I know it might be way more than a person would want to pay, but at least you'd have SOMETHING at the end of the day.


----------



## DJ Niner (Oct 3, 2006)

xotech said:


> Cracked frame?
> 
> 
> 
> ...


Wow. At least one person in the comments to that video said Beretta wouldn't fix their pistol with the cracked frame at all ("They would not replace the frame even if I paid for the replacement.").

Shipwreck, is this because they are having a lot of problems with this particular model, or is this Beretta's policy for major repairs on all their firearms that are not owned by the original buyers?

I'm not sure how I missed this over the last few years, even if it's model-specific.


----------



## Shipwreck (Jan 26, 2006)

The Tomcat is well known to have this cracking frame issue. It's not a matter of IF it will crack, but really a WHEN.

It's discussed all the time at the Beretta Forum. A few years ago, some people had the gun replaced by Beretta, and then the next one would crack. IF they were lucky enough to get it replaced again, they would just sell the new one.

Some on the Beretta Forum still shoot the gun - EVEN WITH THE CRACK. Depending on the crack itself, some say it doesn't effect the gun enough to not use. I don't know enough about it. One owuld have to take a pic of their particular gun and post it there and ask.

I've personally read way, way, way too many stories of the cracking frames on Tomcats. I would not even want one if you gave me a new one for free. I'd just turn around and sell it. 

And honestly - the Tomcat is fat enough in the grip that you could get a small 9mm for almost the same size of gun. 

With all the problems Beretta has had with the Tomcat - I can honestly see why they wouldn't warranty a used one. And even new - you only get 1 year of warranty, or 3 if you registered it.

I am a HUGE Beretta fan, but that extends mostly to the Beretta 92 and PX4. I think the Tomcat and Pico are both guns that are not designed very well. I also really wanted to like the ARX rifle - but I just can't get into them. But when it comes to the 92 platform - it is awesome. I've owned 27 of them at different times over the years. And usually, if there is a problem with a 92, it is mostly an issue when it is new. And even then, that's rare. So, one likely will not need warranty work after 3 years anyway (assuming you registered the gun - Berettas are the only guns I bother to do that with).


----------



## berettatoter (Sep 1, 2011)

Man OP, that REALLY sucks!
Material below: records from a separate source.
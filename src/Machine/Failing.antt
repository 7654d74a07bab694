-- ===== src/Machine/Failing.antt =====
-- What `execute` answers, as long as `compile` returns a null pointer.
use evmbt.Prelude.{
  beq_of_eq, map, ◌⊎◌, ◌>>=◌, ℕ, suc, ◌+◌, ◌^◌, ◌<◌, ◌≤◌, ◌≡◌, ◌∙◌, refl, sym, ap, subst, List, [],
  ◌∷◌, Option, none, some, All, length, leb, Bool-cases, inl, inr, false, replicate, arith,
}
use evmbt.Machine.Defs.{
  CodeMapEntry, CodeMap, make_code_id, get_exec_func, same_text, Result, Message, Instance,
  internal_error, set_host, failed, use_entry, execute, execute_all,
}

-- No entry has a function, and none has more than `n` hits.
abbrev pub Uncompiled : ℕ → CodeMap → Type 0
Uncompiled n rows = All (λ row. (row.1.func ≡ none) × (row.1.hits ≤ n)) rows

weaken : (n : ℕ) (rows : CodeMap) → Uncompiled n rows → Uncompiled (suc n) rows
weaken n [] u = tt
weaken n (row ∷ rows) u = ((u.0.0, omega (arith, u.0.1)), weaken n rows u.1)

-- The entry that a lookup returns, and the map it leaves.
Found : ℕ → CodeMapEntry × CodeMap → Type 0
Found n found = (found.0.func ≡ none) × (0 < found.0.hits) × Uncompiled (suc n) found.1

get_exec_func-Found :
    (n : ℕ) (id : List ℕ) (rows : CodeMap)
    → n + 1 < 2 ^ 64
    → Uncompiled n rows
    → Found n (get_exec_func id rows)
unfolding get_exec_func Found
get_exec_func-Found n id [] h u = (refl, omega arith, ((refl, omega arith), tt))
get_exec_func-Found n id (row ∷ rows) h u = elim (Bool-cases (same_text row.0 id)) [
  | inl same ↦
      rw same (u.0.0, omega (arith, u.0.1), ((u.0.0, omega (arith, u.0.1)), weaken n rows u.1))
  | inr other ↦
      let rest = get_exec_func-Found n id rows h u.1 in
      rw other (rest.0, rest.1, ((u.0.0, omega (arith, u.0.1)), rest.2))
]

-- The last of the messages, or the one before them.
abbrev pub last_msg : Option Message → List Message → Option Message
last_msg before [] = before
last_msg before (msg ∷ msgs) = last_msg (some msg) msgs

-- The instance has no host yet, or this one.
abbrev pub Fresh : ℕ → Option ℕ → Type 0
Fresh host kept = (kept ≡ none) ⊎ (kept ≡ some host)

set_host_lem : (host : ℕ) (kept : Option ℕ) → Fresh host kept → set_host kept host ≡ host
set_host_lem host none f = refl
set_host_lem host (some h) (inl e) = absurd (cc e)
set_host_lem host (some h) (inr e) = cc e

module _ (hera_execute : Message → List ℕ → Result) where
  use_entry_fails :
      (func : Option (List ℕ)) (hits : ℕ) (id : List ℕ) (msg : Message) (rows : CodeMap) (host : ℕ)
      (prev_msg : Option Message)
      → func ≡ none
      → 0 < hits
      → use_entry hera_execute host func hits id msg rows prev_msg ≡ (
        failed internal_error,
        record { host = some host; code_map = rows; current_msg = some msg },
      )
  unfolding use_entry
  use_entry_fails func hits id msg rows host prev_msg e h =
      let over : leb hits 0 ≡ false = ground arith in rw (e, over) refl

  -- What an execution with the instance's host, or with any host where it has none, leaves.
  Failed : ℕ → ℕ → Message → Result × Instance → Type 0
  Failed n host msg r =
      (r.0 ≡ failed internal_error)
      × (r.1.host ≡ some host)
      × (r.1.current_msg ≡ some msg)
      × Uncompiled (suc n) r.1.code_map

  execute_fails :
      (n host : ℕ) (msg : Message) (bt : Instance)
      → n + 1 < 2 ^ 64
      → Fresh host bt.host
      → Uncompiled n bt.code_map
      → (r : Result × Instance) × (execute hera_execute host msg bt ≡ some r) × Failed n host msg r
  unfolding execute Found Failed
  execute_fails n host msg bt h f u =
      let id = make_code_id msg.destination in
      let found = get_exec_func id bt.code_map in
      let g = get_exec_func-Found n id bt.code_map h u in
      let e =
        use_entry_fails found.0.func found.0.hits id msg found.1 host bt.current_msg g.0 g.1 in
      (
        (
          failed internal_error,
          record { host = some host; code_map = found.1; current_msg = some msg },
        ),
        rw (set_host_lem host bt.host f, beq_of_eq host host refl) (ap some e),
        (refl, refl, refl, g.2),
      )

  fails_from :
      (n host : ℕ) (msgs : List Message) (bt : Instance)
      → n + length msgs < 2 ^ 64
      → Fresh host bt.host
      → Uncompiled n bt.code_map
      → (bt' : Instance) × (execute_all hera_execute (map (λ msg. (host, msg)) msgs) bt
          ≡ some (replicate (length msgs) (failed internal_error), bt'))
        × (bt'.current_msg ≡ last_msg bt.current_msg msgs)
  unfolding execute_all Failed
  fails_from n host [] bt h f u = (bt, refl, refl)
  fails_from n host (msg ∷ msgs) bt h f u =
      let (r, run, (answer, kept, current, entries)) =
        execute_fails n host msg bt (omega arith) f u in
      let (bt', runs, last) = fails_from (suc n) host msgs r.1 (omega arith) (inr kept) entries in
      (bt', rw (run, ◌>>=◌, runs, answer) refl, last ∙ ap (λ m. last_msg m msgs) current)

  -- From an instance with no code yet, each of fewer than 2^64 executions with the host that the
  -- instance has, or with one host where it has none, answers with an internal error, whatever the
  -- engine does, and the last message stays the current one.
  pub execute_all-internal_error :
      (host : ℕ) (msgs : List Message) (bt : Instance)
      → bt.code_map ≡ []
      → Fresh host bt.host
      → length msgs < 2 ^ 64
      → (bt' : Instance) × (execute_all hera_execute (map (λ msg. (host, msg)) msgs) bt
          ≡ some (replicate (length msgs) (failed internal_error), bt'))
        × (bt'.current_msg ≡ last_msg bt.current_msg msgs)
  execute_all-internal_error host msgs bt e f h =
      fails_from 0 host msgs bt (omega (arith, h)) f (subst (Uncompiled 0) (sym e) tt)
I used to own two of the model 3032's, but am now glad I don't anymore. Sorry about you getting "stuck" like that. :smt076


----------



## xotech (Feb 7, 2012)

Haven't heard back from the OP yet...perhaps we guessed wrong, and it's some other issue.

However, if it is a cracked frame, wonder if the OP bought it, thinking that Beretta would fix it, like some other gun manufacturers would. 

Then you have to wonder if the PO already knew that Beretta wouldn't fix it and dumped it at some LGS or pawn shop.


----------



## denner (Jun 3, 2011)

I own a Tomcat in Inox with the beefed up slide and so far so good, but granted it is shot very little. Very reliable and a good shooter.

I advise to change the dual recoil bar springs at appropriate intervals if shot more than a little. Some unfortunately entirely overlook this or don't know they even exist.

Likewise, it seems very odd that Beretta would continue and currently carry this model if all they were getting was cracked frames?


----------



## jm16 (May 9, 2015)

Cracked frame


----------



## jm16 (May 9, 2015)

They would not repair it at all. I offered to pay but they left me high aand dry


----------



## cjhg48 (Jun 10, 2016)

I am new here, so I missed this discussion a few months ago. I was browsing the Beretta USA website, and I found a link to a customer support portal, which had the link below to several Beretta Service Centers. Only the first one is an actual Beretta company site. I hope that the others might repair a Beretta for someone who is not the original owner. The site in Missouri says they work on non-current firearms, which certainly seems like they would do work for someone who is not the original owner.

Beretta Service Centers


----------



## SamBond (Aug 30, 2016)

So Beretta knows a frame will crack and they will only take care of it once! But they keep selling them? 
Yeah, that leaves a person in a bind alright.

Now I have a much better understanding of what was wrong the one and only time I needed CS from Beretta.
I was hoping the resistance I encountered was an oddity. Nope, standard operating procedure. Ohhh man!

jm16, If you're still reading here. Ruger won't treat you that way even if you bought used, makes no difference.



Sam


----------



## 24voltsdc (May 5, 2019)

The older models were prone to this cracking but newer models do not. The inox version is indestructible.


----------



## paratrooper (Feb 1, 2012)

I'm glad my gun buying days are all behind me. I haven't kept up with what is what. 

I have what I want and will make do nicely from here on.


----------